(Saved entries)
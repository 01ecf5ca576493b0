-- ===== src/Memory/Set.antt =====
-- `set_extent` gives pages a new use, and changes nothing else about any page.
use xivix.Base.{
  ℕ, ◌+◌, ◌*◌, ◌≤◌, ◌<◌, ◌≡◌, refl, ◌==◌, Option, none, some, length, arith, ◌≢◌, ◌⊎◌, Bool-cases,
  Option-cases, inl, inr, sym, ap, ◌∙◌, subst,
}
use xivix.Memory.{
  PageAllocator, extent_at, max_ext, set_extent, place_extent, refresh_free, find_free_extent,
  intersect_extent, previous, set_start, joins, add_extent,
}
use xivix.Memory.Trie.{set_trie_extent}
use xivix.Memory.Cover.{
  cover, cover_sum, in_use, of_kind, cover_sum-zero, find_extent-some, find_extent-none,
  used_inside,
}
use xivix.Memory.Table.{Fits, IsExtent, Extents, Disjoint, empties}
use xivix.Memory.Add.{
  fresh, end-stop, add_extent-Added, Added-sum, Added-Extents, Added-length, Added-empties,
}
use xivix.Memory.Replace.{Holds, Placed, over, split_start-Placed}
use xivix.Memory.Join.{join_start-Placed}
use xivix.Memory.Inside.{split_inside-Placed}

-- A table of extents in the first 4 GB that do not overlap.
pub record IsTable (s : PageAllocator) : Type 0 where
  pub size : length s.extents ≡ max_ext
  pub valid : Extents s.extents
  pub disjoint : Disjoint s.extents

-- The number of extents of a kind that hold the address `a`.
unfoldable pub owners : ℕ → ℕ → PageAllocator → ℕ
owners g a s = cover_sum (of_kind g) a s.extents

-- No extent holds a page of the `l` pages at `b`.
abbrev pub Clear : ℕ → ℕ → PageAllocator → Type 0
Clear b l s = (a : ℕ) → b ≤ a → a < b + l * 0x1000 → cover_sum in_use a s.extents ≡ 0

-- One extent holds all of the pages, or none holds any of them.
abbrev pub Placeable : ℕ → ℕ → PageAllocator → Type 0
Placeable b l s = ((i : ℕ) × Holds b l (extent_at s i)) ⊎ Clear b l s

refresh_free-extents : (s : PageAllocator) → (refresh_free s).extents ≡ s.extents
unfolding refresh_free find_free_extent
refresh_free-extents s = ground arith

module _ (b l f : ℕ) (s : PageAllocator) (all : Extents s.extents) (disjoint : Disjoint s.extents)
    (new : IsExtent (fresh b l f)) (kind : f ≢ 0) (room : 1 < empties s.extents) where
  new-Fits : Fits (fresh b l f)
  new-Fits = new.1 kind

  start-Placed :
      (i : ℕ) (o : Option ℕ)
      → Holds b l (extent_at s i)
      → b ≡ (extent_at s i).base
      → Placed b l f s (set_start b l f i o s)
  unfolding set_start
  start-Placed i none holds start =
      split_start-Placed b l f s i all disjoint holds new kind start (omega arith)
  start-Placed i (some j) holds start = elim (Bool-cases (joins b f j s)) [
    | inl joined ↦
        rw joined (join_start-Placed b l f s i all disjoint holds new kind start j joined)
    | inr apart ↦
        rw apart (split_start-Placed b l f s i all disjoint holds new kind start (omega arith))
  ]

  found-Placed :
      (i : ℕ) → Holds b l (extent_at s i) → Placed b l f s (place_extent b l f (some i) s)
  unfolding place_extent
  found-Placed i holds = elim (Bool-cases (b == (extent_at s i).base)) [
    | inl start ↦ rw start (start-Placed i (previous b s.extents) holds (ground arith))
    | inr later ↦
        rw later (split_inside-Placed b l f s i all disjoint holds new kind (ground arith) room)
  ]

  Clear-Placed : Clear b l s → Placed b l f s (add_extent b l f s)
  unfolding cover
  Clear-Placed clear =
      let added = add_extent-Added b l f s all (omega arith) new kind (omega (arith, new-Fits.1)) in
      record {
        sum = λ w a z. ground (
          arith,
          Added-sum added w a z,
          λ (h : b ≤ a) (k : a < b + l * 0x1000). cover_sum-zero w a s.extents z (clear a h k),
        );
        all = Added-Extents added all;
        size = Added-length added;
        left = omega (arith, Added-empties added);
      }

  -- What `intersect_extent` finds holds the pages, and where some extent does, it finds one.
  intersect-Holds : (i : ℕ) → intersect_extent b l s.extents ≡ some i → Holds b l (extent_at s i)
  unfolding intersect_extent
  intersect-Holds i found =
      let hit = find_extent-some _ s.extents i found in
      let used : (extent_at s i).flags ≢ 0 = ground (arith, hit.1) in
      ground (arith, hit.1, used, end-stop (extent_at s i) ((all i hit.0).1 used), new-Fits)

  intersect-Clear : intersect_extent b l s.extents ≡ none → Placeable b l s → Clear b l s
  unfolding intersect_extent
  intersect-Clear missed (inr clear) = clear
  intersect-Clear missed (inl (i, holds)) =
      let at = used_inside s.extents i holds.0 in
      let test = find_extent-none _ s.extents i missed at in
      absurd
        (ground (arith, test, holds, end-stop (extent_at s i) ((all i at).1 holds.0), new-Fits))

  placed : Placeable b l s → Placed b l f s (place_extent b l f (intersect_extent b l s.extents) s)
  unfolding place_extent
  placed ok = elim (Option-cases (intersect_extent b l s.extents)) [
    | inl missed ↦ rw missed (Clear-Placed (intersect-Clear missed ok))
    | inr (i, found) ↦ rw found (found-Placed i (intersect-Holds i found))
  ]

  same_extents-Placed :
      Placeable b l s
      → Placed b l f s (refresh_free (place_extent b l f (intersect_extent b l s.extents) s))
  same_extents-Placed ok =
      let p = placed ok in
      let same = refresh_free-extents (place_extent b l f (intersect_extent b l s.extents) s) in
      record {
        sum = λ w a z. ap (cover_sum w a) same ∙ p.sum w a z;
        all = subst Extents (sym same) p.all;
        size = ap length same ∙ p.size;
        left = rw (ap empties same) p.left;
      }

pub set_extent-Placed :
    (b l f : ℕ) (s : PageAllocator)
    → Extents s.extents
    → Disjoint s.extents
    → IsExtent (fresh b l f)
    → f ≢ 0
    → 1 < empties s.extents
    → Placeable b l s
    → Placed b l f s (set_extent b l f s)
unfolding set_extent
set_extent-Placed b l f s all disjoint new kind room ok =
    let s' : PageAllocator = record s { trie = set_trie_extent b f l s.trie } in
    let p = same_extents-Placed b l f s' all disjoint new kind room ok in
    record { sum = p.sum; all = p.all; size = p.size; left = p.left }

-- A page of the region has the kind `f` alone after `set_extent`, and every other page has the owners
-- that it had: where the table is one of extents below 4 GB without overlaps and with two empty entries,
-- `f` is a kind, and the region is of pages below 4 GB that one extent holds or none.
pub set_extent-owners :
    (b l f g a : ℕ) (s : PageAllocator)
    → IsTable s
    → 1 < empties s.extents
    → IsExtent (fresh b l f)
    → f ≢ 0
    → Placeable b l s
    → owners g a (set_extent b l f s) ≡ over b l a (of_kind g f) (owners g a s)
unfolding owners
set_extent-owners b l f g a s table room new kind ok =
    (set_extent-Placed b l f s table.valid table.disjoint new kind room ok).sum (of_kind g) a refl

-- Under the same conditions the table stays one of extents below 4 GB without overlaps.
pub set_extent-IsTable :
    (b l f : ℕ) (s : PageAllocator)
    → IsTable s
    → 1 < empties s.extents
    → IsExtent (fresh b l f)
    → f ≢ 0
    → Placeable b l s
    → IsTable (set_extent b l f s)
set_extent-IsTable b l f s table room new kind ok =
    let p = set_extent-Placed b l f s table.valid table.disjoint new kind room ok in
    record {
      size = p.size ∙ table.size;
      valid = p.all;
      disjoint = λ a. ground (arith, p.sum in_use a refl, table.disjoint a);
    }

**ACTIVITY:** Transcribe every entry exactly.

**ANSWER BOX:**
repository 01ecf5ca576493b0
-- ===== src/Memory/Set.antt =====
-- `set_extent` gives pages a new use, and changes nothing else about any page.
use xivix.Base.{
  ℕ, ◌+◌, ◌*◌, ◌≤◌, ◌<◌, ◌≡◌, refl, ◌==◌, Option, none, some, length, arith, ◌≢◌, ◌⊎◌, Bool-cases,
  Option-cases, inl, inr, sym, ap, ◌∙◌, subst,
}
use xivix.Memory.{
  PageAllocator, extent_at, max_ext, set_extent, place_extent, refresh_free, find_free_extent,
  intersect_extent, previous, set_start, joins, add_extent,
}
use xivix.Memory.Trie.{set_trie_extent}
use xivix.Memory.Cover.{
  cover, cover_sum, in_use, of_kind, cover_sum-zero, find_extent-some, find_extent-none,
  used_inside,
}
use xivix.Memory.Table.{Fits, IsExtent, Extents, Disjoint, empties}
use xivix.Memory.Add.{
  fresh, end-stop, add_extent-Added, Added-sum, Added-Extents, Added-length, Added-empties,
}
use xivix.Memory.Replace.{Holds, Placed, over, split_start-Placed}
use xivix.Memory.Join.{join_start-Placed}
use xivix.Memory.Inside.{split_inside-Placed}

-- A table of extents in the first 4 GB that do not overlap.
pub record IsTable (s : PageAllocator) : Type 0 where
  pub size : length s.extents ≡ max_ext
  pub valid : Extents s.extents
  pub disjoint : Disjoint s.extents

-- The number of extents of a kind that hold the address `a`.
unfoldable pub owners : ℕ → ℕ → PageAllocator → ℕ
owners g a s = cover_sum (of_kind g) a s.extents

-- No extent holds a page of the `l` pages at `b`.
abbrev pub Clear : ℕ → ℕ → PageAllocator → Type 0
Clear b l s = (a : ℕ) → b ≤ a → a < b + l * 0x1000 → cover_sum in_use a s.extents ≡ 0

-- One extent holds all of the pages, or none holds any of them.
abbrev pub Placeable : ℕ → ℕ → PageAllocator → Type 0
Placeable b l s = ((i : ℕ) × Holds b l (extent_at s i)) ⊎ Clear b l s

refresh_free-extents : (s : PageAllocator) → (refresh_free s).extents ≡ s.extents
unfolding refresh_free find_free_extent
refresh_free-extents s = ground arith

module _ (b l f : ℕ) (s : PageAllocator) (all : Extents s.extents) (disjoint : Disjoint s.extents)
    (new : IsExtent (fresh b l f)) (kind : f ≢ 0) (room : 1 < empties s.extents) where
  new-Fits : Fits (fresh b l f)
  new-Fits = new.1 kind

  start-Placed :
      (i : ℕ) (o : Option ℕ)
      → Holds b l (extent_at s i)
      → b ≡ (extent_at s i).base
      → Placed b l f s (set_start b l f i o s)
  unfolding set_start
  start-Placed i none holds start =
      split_start-Placed b l f s i all disjoint holds new kind start (omega arith)
  start-Placed i (some j) holds start = elim (Bool-cases (joins b f j s)) [
    | inl joined ↦
        rw joined (join_start-Placed b l f s i all disjoint holds new kind start j joined)
    | inr apart ↦
        rw apart (split_start-Placed b l f s i all disjoint holds new kind start (omega arith))
  ]

  found-Placed :
      (i : ℕ) → Holds b l (extent_at s i) → Placed b l f s (place_extent b l f (some i) s)
  unfolding place_extent
  found-Placed i holds = elim (Bool-cases (b == (extent_at s i).base)) [
    | inl start ↦ rw start (start-Placed i (previous b s.extents) holds (ground arith))
    | inr later ↦
        rw later (split_inside-Placed b l f s i all disjoint holds new kind (ground arith) room)
  ]

  Clear-Placed : Clear b l s → Placed b l f s (add_extent b l f s)
  unfolding cover
  Clear-Placed clear =
      let added = add_extent-Added b l f s all (omega arith) new kind (omega (arith, new-Fits.1)) in
      record {
        sum = λ w a z. ground (
          arith,
          Added-sum added w a z,
          λ (h : b ≤ a) (k : a < b + l * 0x1000). cover_sum-zero w a s.extents z (clear a h k),
        );
        all = Added-Extents added all;
        size = Added-length added;
        left = omega (arith, Added-empties added);
      }

  -- What `intersect_extent` finds holds the pages, and where some extent does, it finds one.
  intersect-Holds : (i : ℕ) → intersect_extent b l s.extents ≡ some i → Holds b l (extent_at s i)
  unfolding intersect_extent
  intersect-Holds i found =
      let hit = find_extent-some _ s.extents i found in
      let used : (extent_at s i).flags ≢ 0 = ground (arith, hit.1) in
      ground (arith, hit.1, used, end-stop (extent_at s i) ((all i hit.0).1 used), new-Fits)

  intersect-Clear : intersect_extent b l s.extents ≡ none → Placeable b l s → Clear b l s
  unfolding intersect_extent
  intersect-Clear missed (inr clear) = clear
  intersect-Clear missed (inl (i, holds)) =
      let at = used_inside s.extents i holds.0 in
      let test = find_extent-none _ s.extents i missed at in
      absurd
        (ground (arith, test, holds, end-stop (extent_at s i) ((all i at).1 holds.0), new-Fits))

  placed : Placeable b l s → Placed b l f s (place_extent b l f (intersect_extent b l s.extents) s)
  unfolding place_extent
  placed ok = elim (Option-cases (intersect_extent b l s.extents)) [
    | inl missed ↦ rw missed (Clear-Placed (intersect-Clear missed ok))
    | inr (i, found) ↦ rw found (found-Placed i (intersect-Holds i found))
  ]

  same_extents-Placed :
      Placeable b l s
      → Placed b l f s (refresh_free (place_extent b l f (intersect_extent b l s.extents) s))
  same_extents-Placed ok =
      let p = placed ok in
      let same = refresh_free-extents (place_extent b l f (intersect_extent b l s.extents) s) in
      record {
        sum = λ w a z. ap (cover_sum w a) same ∙ p.sum w a z;
        all = subst Extents (sym same) p.all;
        size = ap length same ∙ p.size;
        left = rw (ap empties same) p.left;
      }

pub set_extent-Placed :
    (b l f : ℕ) (s : PageAllocator)
    → Extents s.extents
    → Disjoint s.extents
    → IsExtent (fresh b l f)
    → f ≢ 0
    → 1 < empties s.extents
    → Placeable b l s
    → Placed b l f s (set_extent b l f s)
unfolding set_extent
set_extent-Placed b l f s all disjoint new kind room ok =
    let s' : PageAllocator = record s { trie = set_trie_extent b f l s.trie } in
    let p = same_extents-Placed b l f s' all disjoint new kind room ok in
    record { sum = p.sum; all = p.all; size = p.size; left = p.left }

-- A page of the region has the kind `f` alone after `set_extent`, and every other page has the owners
-- that it had: where the table is one of extents below 4 GB without overlaps and with two empty entries,
-- `f` is a kind, and the region is of pages below 4 GB that one extent holds or none.
pub set_extent-owners :
    (b l f g a : ℕ) (s : PageAllocator)
    → IsTable s
    → 1 < empties s.extents
    → IsExtent (fresh b l f)
    → f ≢ 0
    → Placeable b l s
    → owners g a (set_extent b l f s) ≡ over b l a (of_kind g f) (owners g a s)
unfolding owners
set_extent-owners b l f g a s table room new kind ok =
    (set_extent-Placed b l f s table.valid table.disjoint new kind room ok).sum (of_kind g) a refl

-- Under the same conditions the table stays one of extents below 4 GB without overlaps.
pub set_extent-IsTable :
    (b l f : ℕ) (s : PageAllocator)
    → IsTable s
    → 1 < empties s.extents
    → IsExtent (fresh b l f)
    → f ≢ 0
    → Placeable b l s
    → IsTable (set_extent b l f s)
set_extent-IsTable b l f s table room new kind ok =
    let p = set_extent-Placed b l f s table.valid table.disjoint new kind room ok in
    record {
      size = p.size ∙ table.size;
      valid = p.all;
      disjoint = λ a. ground (arith, p.sum in_use a refl, table.disjoint a);
    }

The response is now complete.